I rode the complete course a couple of weeks ago. The stretch along Los Reales is still the worst -- full of potholes and patches. The frontage road along I-10 is also only marginally better. After the I-10 frontage road you hit Kolb. Riding alone it was no problem since I was able to ride in the smooth concrete gutter and avoid the chip seal; however during the tour I would not want to be penned in there. All in all, miles 18-25 are pretty rough, but then the roads are OK.

Someone asked about hills. The course is mainly rolling hills, except for the exit out of the second wash crossing. Once you leave the parking lot and turn left, you'll be on Snyder Hill, and it is pretty steep (my garmin says about 10%), but luckily short. Make sure you are in a low gear once you leave the parking lot!

My main concern is the heat. It's been well above average temp here. When I rode, I started at sunrise and it was 60, and when I finished it was over 90. If the heat is still on next week, I'll probably have to bring my camelback along since I really only want to stop once at the second crossing, and there is no way that 2 water bottles would suffice for me.

-=[doug]=-

edited to correct the slope of snyder hill


----------



## pedalruns (Dec 18, 2002)

Well my bike has arrived in Tucson!!!! And I'll be joining it on Thursday... Now I just hope the wind is calm on Saturday and the rubber side stays down... 

Looks like tons of people, scrolling thru the rider registered list... I'll be keeping in mind all the advise here.. Good luck to all and hope to read some race/ride reports next week.


----------



## azchris (Oct 17, 2007)

I did a count on the registered rider list this morning and there was a little over 7,200 so far... lots more to come I'm sure.


----------



## azpeterb (Jun 1, 2006)

Another word of warning: be very careful on Freeman Road! That is the nice downhill stretch just after you pass the Sahuaro Monument on the east side of Tucson. The road keeps getting worse and worse each year, and after riding on it this morning, it looks like it's more of the same this year. Lots of potholes, some unfilled and others very crudely filled but still hazardous to riders. The problem is that most riders go pretty fast down Freeman, and if you are in a pack it will be tough to avoid all of these potholes and cracks. I noticed that most of the trouble spots are on the right half of the lane, so you can at least reduce the likelihood of riding over the bad spots if you stay in the left half of the northbound lane....but there are still plenty of hazards in the left half so you'll still need to watch out. Be careful out there!


----------



## EasyAZ (Nov 2, 2007)

*So true about Freeman.*

Freeman is very treacherous if you can't see or aren't warned of what's ahead. Use etiquette and call 'em out as you'd want another to do the same for you. After Broadway until Speedway, Freeman gets really smooth and is a blast to fly over the rollers. Also, the last 20 or so miles on Silverbell is no picnic. It's not horrible, just poor quality surface. After 85 miles in the saddle, not a lot of fun.


----------



## dirtrodr (Aug 28, 2007)

So I went over the map today following along with Mapquest, and I see 2 river crossings. Is this correct, just the 2?


----------



## EasyAZ (Nov 2, 2007)

Just the two.


----------



## pedalruns (Dec 18, 2002)

*Greg Lemond*

Will be there... I was excited to read that!! (this is according to the message board on the event website)

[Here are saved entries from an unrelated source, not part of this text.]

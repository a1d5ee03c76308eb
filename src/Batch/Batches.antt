-- ===== src/Batch/Batches.antt =====
-- internal/batch/manager.go, `managedBatch`: one batch. Each function is one critical section of its
-- mutex.
use tadori.Base.{
  ℕ, Bool, true, false, ◌||◌, Option, none, some, List, [], ◌∷◌, get_elem?, set, ltb, if◌then◌else◌,
  ◌==◌,
}
use tadori.Model.{Time}
use tadori.Batch.Defs.{
  State, starting, running, cancelling, completed, cancelled, failed, EntryState, terminal_entry,
  PlanEntry, EntryResult, result_for_entry,
}
use tadori.Batch.Summary.{Summary, summarize}

abbrev pub terminal : State → Bool
terminal completed = true
terminal cancelled = true
terminal failed = true
terminal _ = false

pub record ManagedBatch : Type 0 where
  pub entries : List PlanEntry
  pub state : State
  pub started_at : Option Time
  pub completed_at : Option Time
  pub results : List EntryResult
  pub summary : Summary
  pub ctx_cancelled : Bool
  pub cancel_requested : Bool
  pub done : Bool

unfoldable pub initial_results : List PlanEntry → List EntryResult
initial_results [] = []
initial_results (e ∷ es) = result_for_entry e ∷ initial_results es

-- The literal of `Start`.
unfoldable pub new_batch : List PlanEntry → Time → ManagedBatch
new_batch entries started = record {
  entries = entries;
  state = starting;
  started_at = some started;
  completed_at = none;
  results = initial_results entries;
  summary = summarize (initial_results entries);
  ctx_cancelled = false;
  cancel_requested = false;
  done = false;
}

abbrev pub now_running : Time → EntryResult → EntryResult
now_running now r = record r { state = EntryState.running; started_at = some now }

unfoldable pub mark_running : ℕ → Time → ManagedBatch → ManagedBatch
mark_running i now b = elim (get_elem? b.results i) [
  | none ↦ b
  | some r ↦
      let results = set b.results i (now_running now r) in
      if terminal_entry r.state
      then b
      else record b { results = results; summary = summarize results }
]

-- A write past the end of the results changes nothing.
unfoldable pub finish : ℕ → EntryResult → ManagedBatch → ManagedBatch
finish i r b = elim (get_elem? b.results i) [
  | none ↦ b
  | some _ ↦ record b { results = set b.results i r; summary = summarize (set b.results i r) }
]

abbrev pub context_cancelled : ManagedBatch → Bool
context_cancelled b = b.cancel_requested || b.ctx_cancelled

-- `Cancel` on the batch that it found.
unfoldable pub cancel_batch : ManagedBatch → ManagedBatch
cancel_batch b = if terminal b.state then b else record b {
  cancel_requested = true;
  state = elim b.state [ starting ↦ cancelling | running ↦ cancelling | other ↦ other ];
  ctx_cancelled = true;
}

-- The body of the loop in `Close`.
unfoldable pub close_batch : ManagedBatch → ManagedBatch
close_batch b =
    if terminal b.state
    then b
    else record b { cancel_requested = true; state = cancelling; ctx_cancelled = true }

-- The end of the context that `Start` got: `batch.ctx.Err()` is no longer nil.
unfoldable pub end_context : ManagedBatch → ManagedBatch
end_context b = record b { ctx_cancelled = true }

-- The first critical section of `execute`.
unfoldable pub begin : ManagedBatch → ManagedBatch
begin b = record b { state = elim b.state [ starting ↦ running | other ↦ other ] }

-- The last critical section of `execute`.
unfoldable pub complete : Time → ManagedBatch → ManagedBatch
complete now b = record b {
  completed_at = some now;
  state = if context_cancelled b then cancelled else completed;
  summary = summarize b.results;
  done = true;
}

-- The number of workers; 0 stands for every concurrency of the plan that is not positive.
unfoldable pub worker_count : ℕ → ℕ → ℕ → ℕ
worker_count concurrency max_concurrency entries =
    let bounded =
      if concurrency == 0 || ltb max_concurrency concurrency
      then max_concurrency
      else concurrency in
    if ltb entries bounded then entries else bounded
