-- ===== src/Batch/Workers.antt =====
-- internal/batch/manager.go, the workers of `execute`: every order in which their critical sections,
-- the callers' cancellations and the end of their context, may run. The channel of jobs gives the
-- indices of the entries in order, so a worker is known by the index that it holds. `close(jobs)`, the
-- exit of a worker from its loop and the WaitGroup are not steps: where `execute` goes on behind
-- `workers.Wait()`, the channel is empty and all the workers are idle.
use tadori.Base.{
  ℕ, suc, ◌+◌, ◌<◌, ◌≡◌, true, false, some, List, [], ◌∷◌, length, get_elem?, set, if◌then◌else◌,
}
use tadori.Model.{Time}
use tadori.Batch.Defs.{PlanEntry, EntryResult, unsupported_result, cancelled_result}
use tadori.Batch.Entry.{Reporting, RunOutcome, ContextError, run_entry}
use tadori.Batch.Batches.{
  ManagedBatch, new_batch, begin, mark_running, finish, context_cancelled, cancel_batch,
  close_batch, end_context,
}

-- How far the work on one entry is: in the channel, in a worker's hand, found cancelled, found not
-- cancelled, marked as running, finished.
pub data Phase : Type 0 where
  waiting taken doomed cleared marked over : Phase

pub record World : Type 0 where
  pub batch : ManagedBatch
  pub phases : List Phase
  pub next : ℕ
  pub idle : ℕ

abbrev pub all_waiting : List PlanEntry → List Phase
all_waiting [] = []
all_waiting (e ∷ es) = waiting ∷ all_waiting es

-- A batch between `Start` and `execute`: new, or cancelled, closed or with its caller's context at
-- its end meanwhile.
pub data Started (entries : List PlanEntry) : ManagedBatch → Type 0 where
  fresh : (started : Time) → Started entries (new_batch entries started)
  cancelled_early : {b : ManagedBatch} → Started entries b → Started entries (cancel_batch b)
  closed_early : {b : ManagedBatch} → Started entries b → Started entries (close_batch b)
  ended_early : {b : ManagedBatch} → Started entries b → Started entries (end_context b)

-- `execute` up to the workers: the first critical section, the filled channel, `workers.Add`.
unfoldable pub launch : ℕ → ManagedBatch → World
launch workers b = record {
  batch = begin b;
  phases = all_waiting b.entries;
  next = 0;
  idle = workers;
}

abbrev pub move : ℕ → Phase → ManagedBatch → World → World
move i p b w = record w { batch = b; phases = set w.phases i p }

-- The worker goes back to the channel.
abbrev pub retire : ℕ → ManagedBatch → World → World
retire i b w = record w { batch = b; phases = set w.phases i over; idle = w.idle + 1 }

abbrev pub InPhase : World → ℕ → Phase → PlanEntry → Type 0
InPhase w i p e = (get_elem? w.phases i ≡ some p) × (get_elem? w.batch.entries i ≡ some e)

module _ (reporting : Reporting) where
  pub data Step : World → World → Type 0 where
    takes :
        {w : World} (k : ℕ)
        → w.idle ≡ suc k
        → w.next < length w.phases
        → Step w (record w { phases = set w.phases w.next taken; next = w.next + 1; idle = k })
    refuses :
        {w : World} (i : ℕ) (e : PlanEntry) (now : Time)
        → InPhase w i taken e
        → e.unsupported ≡ true
        → Step w (retire i (finish i (unsupported_result e now) w.batch) w)
    checks :
        {w : World} (i : ℕ) (e : PlanEntry)
        → InPhase w i taken e
        → e.unsupported ≡ false
        → Step w (move i (if context_cancelled w.batch then doomed else cleared) w.batch w)
    drops :
        {w : World} (i : ℕ) (e : PlanEntry) (now : Time)
        → InPhase w i doomed e
        → Step w (retire i (finish i (cancelled_result e now) w.batch) w)
    marks :
        {w : World} (i : ℕ) (e : PlanEntry) (now : Time)
        → InPhase w i cleared e
        → Step w (move i marked (mark_running i now w.batch) w)
    runs :
        {w : World} (i : ℕ) (e : PlanEntry) (outcome : RunOutcome) (context : ContextError)
        (started now : Time) (r : EntryResult)
        → InPhase w i marked e
        → run_entry reporting e outcome context started now ≡ some r
        → Step w (retire i (finish i r w.batch) w)
    cancels : {w : World} → Step w (record w { batch = cancel_batch w.batch })
    closes : {w : World} → Step w (record w { batch = close_batch w.batch })
    expires : {w : World} → Step w (record w { batch = end_context w.batch })

  pub data Reach : World → World → Type 0 where
    here : {w : World} → Reach w w
    onward : {u v w : World} → Reach u v → Step v w → Reach u w

-- What a finished entry's result may be.
pub data Final (reporting : Reporting) (e : PlanEntry) : EntryResult → Type 0 where
  refused : (now : Time) → e.unsupported ≡ true → Final reporting e (unsupported_result e now)
  dropped : (now : Time) → e.unsupported ≡ false → Final reporting e (cancelled_result e now)
  ran :
      (outcome : RunOutcome) (context : ContextError) (started now : Time) (r : EntryResult)
      → e.unsupported ≡ false
      → run_entry reporting e outcome context started now ≡ some r
      → Final reporting e r
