-- ===== src/Batch/Agreement.antt =====
-- How the phases of the work and the results of a batch belong together, entry by entry.
use mathlib.Core.Option.{some-injective}
use tadori.Base.{
  ℕ, zero, suc, ◌+◌, ◌≡◌, refl, sym, subst, Bool, true, false, some, List, [], ◌∷◌, get_elem?, set,
  arith, if◌then◌else◌,
}
use tadori.Model.{Time}
use tadori.Batch.Defs.{PlanEntry, EntryResult, result_for_entry}
use tadori.Batch.Entry.{Reporting}
use tadori.Batch.Counts.{count}
use tadori.Batch.Batches.{initial_results, now_running}
use tadori.Batch.Workers.{Phase, waiting, taken, doomed, cleared, marked, over, all_waiting, Final}

abbrev pub running_result : PlanEntry → Time → EntryResult
running_result e now = now_running now (result_for_entry e)

-- The worker that holds the entry is not back at the channel.
abbrev pub busy : Phase → Bool
busy waiting = false
busy over = false
busy _ = true

-- How many of the phases' list are busy goes up and down with each of them.
pub count-set :
    (ps : List Phase) (i : ℕ) (p q : Phase)
    → get_elem? ps i ≡ some p
    → count busy (set ps i q) + (if busy p then 1 else 0)
      ≡ count busy ps + (if busy q then 1 else 0)
count-set [] i p q h = absurd (ground arith)
count-set (x ∷ ps) zero p q h = ground arith
count-set (x ∷ ps) (suc i) p q h = ground (arith, count-set ps i p q)

module _ (reporting : Reporting) where
  -- What an entry's result is while the work on it is in a phase.
  abbrev pub Agree : Phase → PlanEntry → EntryResult → Type 0
  Agree waiting e r = r ≡ result_for_entry e
  Agree taken e r = r ≡ result_for_entry e
  Agree doomed e r = (r ≡ result_for_entry e) × (e.unsupported ≡ false)
  Agree cleared e r = (r ≡ result_for_entry e) × (e.unsupported ≡ false)
  Agree marked e r = ((now : Time) × (r ≡ running_result e now)) × (e.unsupported ≡ false)
  Agree over e r = Final reporting e r

  abbrev pub AllAgree : List Phase → List PlanEntry → List EntryResult → Type 0
  AllAgree [] [] [] = Unit {0}
  AllAgree (p ∷ ps) (e ∷ es) (r ∷ rs) = Agree p e r × AllAgree ps es rs
  AllAgree _ _ _ = ⊥

  pub AllAgree-initial_results :
      (es : List PlanEntry) → AllAgree (all_waiting es) es (initial_results es)
  unfolding initial_results
  AllAgree-initial_results [] = tt
  AllAgree-initial_results (e ∷ es) = (refl, AllAgree-initial_results es)

  pub AllAgree-get :
      (ps : List Phase) (es : List PlanEntry) (rs : List EntryResult) (i : ℕ) (p : Phase)
      → AllAgree ps es rs
      → get_elem? ps i ≡ some p
      → (e : PlanEntry) × (r : EntryResult) × (get_elem? es i ≡ some e)
        × (get_elem? rs i ≡ some r)
        × Agree p e r
  AllAgree-get [] es rs i q a h = absurd (ground arith)
  AllAgree-get (p ∷ ps) [] rs i q a h = elim a [ ]
  AllAgree-get (p ∷ ps) (e ∷ es) [] i q a h = elim a [ ]
  AllAgree-get (p ∷ ps) (e ∷ es) (r ∷ rs) zero q a h =
      (e, r, refl, refl, subst (λ p'. Agree p' e r) (some-injective p q h) a.0)
  AllAgree-get (p ∷ ps) (e ∷ es) (r ∷ rs) (suc i) q a h = AllAgree-get ps es rs i q a.1 h

  pub AllAgree-set :
      (ps : List Phase) (es : List PlanEntry) (rs : List EntryResult) (i : ℕ) (e : PlanEntry)
      (p : Phase) (r : EntryResult)
      → AllAgree ps es rs
      → get_elem? es i ≡ some e
      → Agree p e r
      → AllAgree (set ps i p) es (set rs i r)
  AllAgree-set [] [] [] i f q s a h k = tt
  AllAgree-set [] [] (r ∷ rs) i f q s a h k = elim a [ ]
  AllAgree-set [] (e ∷ es) rs i f q s a h k = elim a [ ]
  AllAgree-set (p ∷ ps) [] rs i f q s a h k = elim a [ ]
  AllAgree-set (p ∷ ps) (e ∷ es) [] i f q s a h k = elim a [ ]
  AllAgree-set (p ∷ ps) (e ∷ es) (r ∷ rs) zero f q s a h k =
      (subst (λ e'. Agree q e' s) (sym (some-injective e f h)) k, a.1)
  AllAgree-set (p ∷ ps) (e ∷ es) (r ∷ rs) (suc i) f q s a h k =
      (a.0, AllAgree-set ps es rs i f q s a.1 h k)
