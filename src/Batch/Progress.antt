-- ===== src/Batch/Progress.antt =====
-- What holds in every order in which the workers of a batch may run.
use tadori.Base.{
  ℕ, ◌+◌, ◌≤◌, ◌≡◌, refl, Bool, true, false, some, length, get_elem?, set, length-set,
  get_elem?-set, get_elem?_lt, leb, arith, if◌then◌else◌,
}
use tadori.Model.{Time}
use tadori.Batch.Defs.{terminal_entry, PlanEntry, EntryResult}
use tadori.Batch.Summary.{summarize}
use tadori.Batch.Entry.{Reporting}
use tadori.Batch.Counts.{count}
use tadori.Batch.Batches.{
  ManagedBatch, now_running, mark_running, finish, cancel_batch, close_batch, end_context,
}
use tadori.Batch.Workers.{Phase, waiting, World, InPhase}
use tadori.Batch.Agreement.{busy, count-set, Agree, AllAgree, AllAgree-set}

abbrev pub is_waiting : Phase → Bool
is_waiting waiting = true
is_waiting _ = false

pub finish-some :
    (i : ℕ) (r : EntryResult) (b : ManagedBatch) (r₀ : EntryResult)
    → get_elem? b.results i ≡ some r₀
    → finish i r b
      ≡ record b { results = set b.results i r; summary = summarize (set b.results i r) }
unfolding finish
finish-some i r b r₀ h = rw (finish, h) refl

pub mark_running-some :
    (i : ℕ) (now : Time) (b : ManagedBatch) (r : EntryResult)
    → get_elem? b.results i ≡ some r
    → terminal_entry r.state ≡ false
    → mark_running i now b ≡ record b {
      results = set b.results i (now_running now r);
      summary = summarize (set b.results i (now_running now r));
    }
unfolding mark_running
mark_running-some i now b r h k = rw (mark_running, h, k) refl

-- A cancellation leaves the work as it is.
pub cancel_batch-same :
    (b : ManagedBatch)
    → ((cancel_batch b).entries ≡ b.entries)
      × ((cancel_batch b).results ≡ b.results)
      × ((cancel_batch b).summary ≡ b.summary)
unfolding cancel_batch
cancel_batch-same b = ground arith

pub close_batch-same :
    (b : ManagedBatch)
    → ((close_batch b).entries ≡ b.entries)
      × ((close_batch b).results ≡ b.results)
      × ((close_batch b).summary ≡ b.summary)
unfolding close_batch
close_batch-same b = ground arith

pub end_context-same :
    (b : ManagedBatch)
    → ((end_context b).entries ≡ b.entries)
      × ((end_context b).results ≡ b.results)
      × ((end_context b).summary ≡ b.summary)
unfolding end_context
end_context-same b = (refl, refl, refl)

module _ (reporting : Reporting) (workers : ℕ) where
  pub record Orderly (w : World) : Type 0 where
    pub agree : AllAgree reporting w.phases w.batch.entries w.batch.results
    pub summary : w.batch.summary ≡ summarize w.batch.results
    pub queue : (i : ℕ) (p : Phase) → get_elem? w.phases i ≡ some p → is_waiting p ≡ leb w.next i
    pub bound : w.next ≤ length w.phases
    pub places : w.idle + count busy w.phases ≡ workers

  -- The work on an entry moves on, and its result with it.
  pub Orderly-move :
      (w : World) (i : ℕ) (p q : Phase) (e : PlanEntry) (r : EntryResult) (idle : ℕ)
      (b : ManagedBatch)
      → Orderly w
      → InPhase w i p e
      → is_waiting p ≡ false
      → is_waiting q ≡ false
      → Agree reporting q e r
      → idle + (if busy q then 1 else 0) ≡ w.idle + (if busy p then 1 else 0)
      → b.entries ≡ w.batch.entries
      → b.results ≡ set w.batch.results i r
      → b.summary ≡ summarize b.results
      → Orderly (record w { batch = b; phases = set w.phases i q; idle = idle })
  Orderly-move w i p q e r idle b o at wp wq a n es rs s = record {
    agree =
        rw (es, rs)
          (AllAgree-set reporting w.phases w.batch.entries w.batch.results i e q r o.agree at.1 a);
    summary = s;
    queue = λ j x h. ground (
      arith,
      get_elem?-set w.phases i j q (get_elem?_lt w.phases i at.0),
      o.queue i p at.0,
      o.queue j x,
      wp,
      wq,
    );
    bound = omega (arith, o.bound, length-set w.phases i q);
    places = ground (arith, o.places, n, count-set w.phases i p q at.0);
  }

I wonder if his son will be there as well, I know they both did the Etape this year.... so maybe they will both be doing the full 109 miles, that would be cool.


----------



## azcycle (Jan 24, 2006)

I bailed out due to complete lack of training and I waited way too long to register. I'm not going to pay over $100 to ride the Tour that I am not even in shape to do. Miserable way to spend $100.  

I'll be out in the mountains trail-building! Good luck, everyone!:thumbsup:


----------



## azchris (Oct 17, 2007)

pedalruns, where did you see the Greg Lemond info? there was nothing in the local media today.


----------



## pedalruns (Dec 18, 2002)

azchris said:


> pedalruns, where did you see the Greg Lemond info? there was nothing in the local media today.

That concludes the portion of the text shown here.